Every line in the entries that holds "locations" should be identified and copied.

[Data records]
=== Begin Enclosure ===

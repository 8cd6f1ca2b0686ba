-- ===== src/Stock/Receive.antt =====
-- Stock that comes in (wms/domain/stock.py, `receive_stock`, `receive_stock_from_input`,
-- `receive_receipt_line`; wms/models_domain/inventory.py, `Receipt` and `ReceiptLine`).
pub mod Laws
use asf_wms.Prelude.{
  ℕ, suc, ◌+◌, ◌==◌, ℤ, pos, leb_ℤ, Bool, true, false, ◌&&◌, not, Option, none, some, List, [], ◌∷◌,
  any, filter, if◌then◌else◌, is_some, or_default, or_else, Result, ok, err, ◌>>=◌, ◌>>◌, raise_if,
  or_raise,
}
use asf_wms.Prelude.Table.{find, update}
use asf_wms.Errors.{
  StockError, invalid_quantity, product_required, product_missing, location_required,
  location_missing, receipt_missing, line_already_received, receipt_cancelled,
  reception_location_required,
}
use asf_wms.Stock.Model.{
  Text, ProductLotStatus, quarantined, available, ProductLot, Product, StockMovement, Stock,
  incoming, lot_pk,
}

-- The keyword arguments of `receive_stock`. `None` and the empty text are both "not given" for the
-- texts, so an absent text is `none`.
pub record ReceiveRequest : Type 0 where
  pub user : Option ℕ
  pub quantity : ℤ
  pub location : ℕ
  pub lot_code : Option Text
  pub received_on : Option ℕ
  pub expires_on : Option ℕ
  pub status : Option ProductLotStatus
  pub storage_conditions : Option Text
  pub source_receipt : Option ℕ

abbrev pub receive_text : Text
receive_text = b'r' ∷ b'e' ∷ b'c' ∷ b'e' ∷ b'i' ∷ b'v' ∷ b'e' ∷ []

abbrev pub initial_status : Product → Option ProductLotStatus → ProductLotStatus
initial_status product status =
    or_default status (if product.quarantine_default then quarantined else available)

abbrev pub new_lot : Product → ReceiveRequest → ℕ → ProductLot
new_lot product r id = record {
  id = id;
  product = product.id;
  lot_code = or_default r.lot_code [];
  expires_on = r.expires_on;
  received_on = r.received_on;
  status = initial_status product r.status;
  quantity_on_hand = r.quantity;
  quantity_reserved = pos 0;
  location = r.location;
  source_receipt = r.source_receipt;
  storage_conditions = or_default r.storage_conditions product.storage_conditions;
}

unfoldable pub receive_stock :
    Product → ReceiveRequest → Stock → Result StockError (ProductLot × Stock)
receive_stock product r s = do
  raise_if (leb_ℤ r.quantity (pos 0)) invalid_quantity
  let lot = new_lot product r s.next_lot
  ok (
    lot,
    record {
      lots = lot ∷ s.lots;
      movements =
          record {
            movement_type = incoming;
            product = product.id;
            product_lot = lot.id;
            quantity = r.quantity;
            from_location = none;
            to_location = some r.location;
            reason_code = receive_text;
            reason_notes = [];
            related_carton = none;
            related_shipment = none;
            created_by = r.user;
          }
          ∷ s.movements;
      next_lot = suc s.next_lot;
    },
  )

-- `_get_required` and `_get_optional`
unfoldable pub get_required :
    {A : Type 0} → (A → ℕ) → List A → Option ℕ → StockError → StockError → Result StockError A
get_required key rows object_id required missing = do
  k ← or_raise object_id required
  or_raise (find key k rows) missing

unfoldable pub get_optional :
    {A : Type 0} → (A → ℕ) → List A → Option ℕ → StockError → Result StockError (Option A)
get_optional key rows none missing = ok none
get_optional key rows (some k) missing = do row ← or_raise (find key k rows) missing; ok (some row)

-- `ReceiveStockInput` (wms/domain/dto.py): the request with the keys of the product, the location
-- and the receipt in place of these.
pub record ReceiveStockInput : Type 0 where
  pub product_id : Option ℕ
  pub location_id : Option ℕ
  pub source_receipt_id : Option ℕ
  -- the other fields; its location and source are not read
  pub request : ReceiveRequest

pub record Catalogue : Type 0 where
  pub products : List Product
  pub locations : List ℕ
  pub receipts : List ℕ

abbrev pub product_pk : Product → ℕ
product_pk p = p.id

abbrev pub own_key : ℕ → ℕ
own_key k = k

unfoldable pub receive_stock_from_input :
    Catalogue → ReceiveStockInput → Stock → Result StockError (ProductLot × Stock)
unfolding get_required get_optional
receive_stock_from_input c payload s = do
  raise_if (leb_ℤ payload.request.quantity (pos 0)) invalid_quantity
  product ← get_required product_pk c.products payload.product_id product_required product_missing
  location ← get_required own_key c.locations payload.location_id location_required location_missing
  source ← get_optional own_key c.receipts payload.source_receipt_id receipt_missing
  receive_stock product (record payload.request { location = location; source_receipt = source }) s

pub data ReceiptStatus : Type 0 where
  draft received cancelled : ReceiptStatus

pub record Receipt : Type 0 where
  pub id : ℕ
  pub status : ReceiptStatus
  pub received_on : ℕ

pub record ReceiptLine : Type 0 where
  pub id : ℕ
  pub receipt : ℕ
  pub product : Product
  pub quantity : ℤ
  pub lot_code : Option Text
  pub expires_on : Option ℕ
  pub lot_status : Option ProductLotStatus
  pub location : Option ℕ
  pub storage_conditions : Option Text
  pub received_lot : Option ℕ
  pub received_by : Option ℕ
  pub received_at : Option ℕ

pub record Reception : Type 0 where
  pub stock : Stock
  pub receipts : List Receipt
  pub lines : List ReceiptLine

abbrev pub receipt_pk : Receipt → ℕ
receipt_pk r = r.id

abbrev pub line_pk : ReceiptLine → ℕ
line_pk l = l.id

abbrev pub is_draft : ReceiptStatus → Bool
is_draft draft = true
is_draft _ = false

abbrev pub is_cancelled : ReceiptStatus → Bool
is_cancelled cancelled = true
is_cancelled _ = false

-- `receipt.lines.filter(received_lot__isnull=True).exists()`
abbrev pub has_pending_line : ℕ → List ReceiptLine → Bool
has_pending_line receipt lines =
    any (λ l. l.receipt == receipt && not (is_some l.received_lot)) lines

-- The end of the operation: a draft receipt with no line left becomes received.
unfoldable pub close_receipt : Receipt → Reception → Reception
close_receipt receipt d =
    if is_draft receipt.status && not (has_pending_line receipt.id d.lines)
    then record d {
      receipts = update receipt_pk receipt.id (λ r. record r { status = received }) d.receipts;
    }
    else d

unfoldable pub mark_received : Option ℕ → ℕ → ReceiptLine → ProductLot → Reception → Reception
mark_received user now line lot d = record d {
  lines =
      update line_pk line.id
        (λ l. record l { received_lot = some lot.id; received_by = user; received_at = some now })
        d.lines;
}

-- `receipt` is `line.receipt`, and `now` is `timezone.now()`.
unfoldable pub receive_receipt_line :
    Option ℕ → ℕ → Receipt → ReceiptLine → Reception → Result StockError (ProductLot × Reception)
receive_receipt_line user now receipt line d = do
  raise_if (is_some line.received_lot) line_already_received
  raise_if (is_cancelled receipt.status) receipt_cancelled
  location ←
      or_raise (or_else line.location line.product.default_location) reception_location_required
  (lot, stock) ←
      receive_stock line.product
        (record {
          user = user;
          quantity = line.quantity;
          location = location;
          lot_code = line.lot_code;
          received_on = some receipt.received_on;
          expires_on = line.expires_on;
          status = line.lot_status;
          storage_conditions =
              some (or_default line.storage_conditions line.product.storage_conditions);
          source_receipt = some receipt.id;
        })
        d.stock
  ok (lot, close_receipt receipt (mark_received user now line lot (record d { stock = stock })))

=== End Enclosure ===
=== Begin Enclosure ===

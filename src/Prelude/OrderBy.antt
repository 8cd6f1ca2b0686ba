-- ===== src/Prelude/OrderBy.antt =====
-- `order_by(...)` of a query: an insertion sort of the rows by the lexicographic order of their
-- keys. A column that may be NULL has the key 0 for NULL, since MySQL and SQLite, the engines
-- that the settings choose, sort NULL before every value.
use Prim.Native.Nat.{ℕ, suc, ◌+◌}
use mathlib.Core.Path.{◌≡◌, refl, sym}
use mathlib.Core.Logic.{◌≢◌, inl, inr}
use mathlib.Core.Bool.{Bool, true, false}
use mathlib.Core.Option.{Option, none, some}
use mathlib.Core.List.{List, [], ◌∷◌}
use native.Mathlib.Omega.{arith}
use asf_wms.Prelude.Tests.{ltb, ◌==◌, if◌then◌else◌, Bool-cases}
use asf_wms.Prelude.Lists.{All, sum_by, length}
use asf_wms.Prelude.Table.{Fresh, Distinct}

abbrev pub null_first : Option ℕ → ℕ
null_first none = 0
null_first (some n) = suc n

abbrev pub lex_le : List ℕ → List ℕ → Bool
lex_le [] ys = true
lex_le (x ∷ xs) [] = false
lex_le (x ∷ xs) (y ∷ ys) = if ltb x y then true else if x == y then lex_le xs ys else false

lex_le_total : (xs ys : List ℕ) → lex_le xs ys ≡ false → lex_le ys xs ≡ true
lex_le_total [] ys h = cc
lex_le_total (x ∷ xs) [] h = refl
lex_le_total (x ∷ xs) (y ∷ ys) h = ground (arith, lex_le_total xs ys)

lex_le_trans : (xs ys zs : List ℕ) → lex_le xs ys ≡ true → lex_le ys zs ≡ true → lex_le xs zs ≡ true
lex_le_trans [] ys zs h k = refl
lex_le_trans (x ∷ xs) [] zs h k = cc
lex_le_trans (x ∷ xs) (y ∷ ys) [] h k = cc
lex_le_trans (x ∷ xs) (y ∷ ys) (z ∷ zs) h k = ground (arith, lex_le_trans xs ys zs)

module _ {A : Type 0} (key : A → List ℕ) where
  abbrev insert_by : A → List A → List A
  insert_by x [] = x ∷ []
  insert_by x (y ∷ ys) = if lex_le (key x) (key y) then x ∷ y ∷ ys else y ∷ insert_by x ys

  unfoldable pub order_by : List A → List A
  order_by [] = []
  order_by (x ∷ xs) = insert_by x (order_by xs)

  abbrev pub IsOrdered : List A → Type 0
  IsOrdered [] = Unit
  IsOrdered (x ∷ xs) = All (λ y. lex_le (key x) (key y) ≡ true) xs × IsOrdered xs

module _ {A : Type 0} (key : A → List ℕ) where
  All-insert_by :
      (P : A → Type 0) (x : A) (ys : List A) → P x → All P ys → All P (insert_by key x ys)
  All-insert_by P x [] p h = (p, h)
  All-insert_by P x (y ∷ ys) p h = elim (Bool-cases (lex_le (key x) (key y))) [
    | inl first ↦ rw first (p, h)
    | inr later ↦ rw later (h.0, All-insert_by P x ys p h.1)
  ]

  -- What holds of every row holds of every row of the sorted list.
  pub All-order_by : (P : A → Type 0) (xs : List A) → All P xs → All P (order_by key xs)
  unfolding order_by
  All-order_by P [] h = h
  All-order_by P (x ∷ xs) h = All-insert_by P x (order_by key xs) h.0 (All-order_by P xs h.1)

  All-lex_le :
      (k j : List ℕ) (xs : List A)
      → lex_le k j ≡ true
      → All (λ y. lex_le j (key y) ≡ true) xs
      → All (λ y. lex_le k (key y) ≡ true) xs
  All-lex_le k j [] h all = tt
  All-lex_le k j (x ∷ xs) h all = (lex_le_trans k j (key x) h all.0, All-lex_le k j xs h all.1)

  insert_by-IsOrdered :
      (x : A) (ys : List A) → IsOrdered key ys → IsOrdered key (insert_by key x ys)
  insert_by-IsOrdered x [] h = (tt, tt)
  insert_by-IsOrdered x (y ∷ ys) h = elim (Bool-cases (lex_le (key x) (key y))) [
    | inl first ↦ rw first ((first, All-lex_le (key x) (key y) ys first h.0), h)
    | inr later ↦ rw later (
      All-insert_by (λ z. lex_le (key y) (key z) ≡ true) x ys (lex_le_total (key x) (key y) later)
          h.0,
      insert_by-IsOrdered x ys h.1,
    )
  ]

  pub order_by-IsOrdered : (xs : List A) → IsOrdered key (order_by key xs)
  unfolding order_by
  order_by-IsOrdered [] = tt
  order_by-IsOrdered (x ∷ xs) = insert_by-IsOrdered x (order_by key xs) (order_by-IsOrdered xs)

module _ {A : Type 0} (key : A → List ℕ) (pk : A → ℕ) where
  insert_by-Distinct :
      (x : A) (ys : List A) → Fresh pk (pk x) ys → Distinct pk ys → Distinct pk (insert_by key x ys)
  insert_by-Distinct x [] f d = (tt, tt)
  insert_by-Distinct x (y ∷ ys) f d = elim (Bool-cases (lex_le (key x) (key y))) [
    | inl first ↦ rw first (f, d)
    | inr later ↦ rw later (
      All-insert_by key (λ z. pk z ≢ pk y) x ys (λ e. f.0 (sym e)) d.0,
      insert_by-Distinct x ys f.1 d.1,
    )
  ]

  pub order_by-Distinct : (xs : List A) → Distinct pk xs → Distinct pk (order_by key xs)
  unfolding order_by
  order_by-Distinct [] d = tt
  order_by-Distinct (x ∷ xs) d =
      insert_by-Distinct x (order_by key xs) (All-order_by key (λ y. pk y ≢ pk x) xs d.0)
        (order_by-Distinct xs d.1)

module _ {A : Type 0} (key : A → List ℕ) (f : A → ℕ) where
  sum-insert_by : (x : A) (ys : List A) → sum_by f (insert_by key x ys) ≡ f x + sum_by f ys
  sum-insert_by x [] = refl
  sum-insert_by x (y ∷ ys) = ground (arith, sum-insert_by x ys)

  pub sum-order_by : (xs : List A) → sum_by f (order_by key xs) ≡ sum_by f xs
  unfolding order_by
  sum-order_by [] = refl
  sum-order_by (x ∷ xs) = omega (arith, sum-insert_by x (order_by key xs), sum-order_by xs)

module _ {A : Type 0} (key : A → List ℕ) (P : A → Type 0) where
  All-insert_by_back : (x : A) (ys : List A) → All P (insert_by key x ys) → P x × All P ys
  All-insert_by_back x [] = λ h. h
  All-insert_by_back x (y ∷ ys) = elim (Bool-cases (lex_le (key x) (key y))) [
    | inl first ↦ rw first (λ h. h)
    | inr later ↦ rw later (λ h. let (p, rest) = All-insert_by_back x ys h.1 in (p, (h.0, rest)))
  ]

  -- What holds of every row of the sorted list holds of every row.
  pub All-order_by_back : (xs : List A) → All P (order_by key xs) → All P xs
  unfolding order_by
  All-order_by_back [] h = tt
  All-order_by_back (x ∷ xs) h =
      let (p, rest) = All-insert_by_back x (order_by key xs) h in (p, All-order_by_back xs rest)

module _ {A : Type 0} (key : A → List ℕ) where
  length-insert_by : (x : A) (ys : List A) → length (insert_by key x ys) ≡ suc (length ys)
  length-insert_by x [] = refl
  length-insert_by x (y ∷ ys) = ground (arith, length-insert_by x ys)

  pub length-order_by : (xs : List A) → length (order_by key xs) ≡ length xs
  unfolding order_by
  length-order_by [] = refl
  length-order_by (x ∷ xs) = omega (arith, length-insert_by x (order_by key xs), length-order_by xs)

=== End Enclosure ===

#### Task result:
  pub locations : List ℕ
  location ← get_required own_key c.locations payload.location_id location_required location_missing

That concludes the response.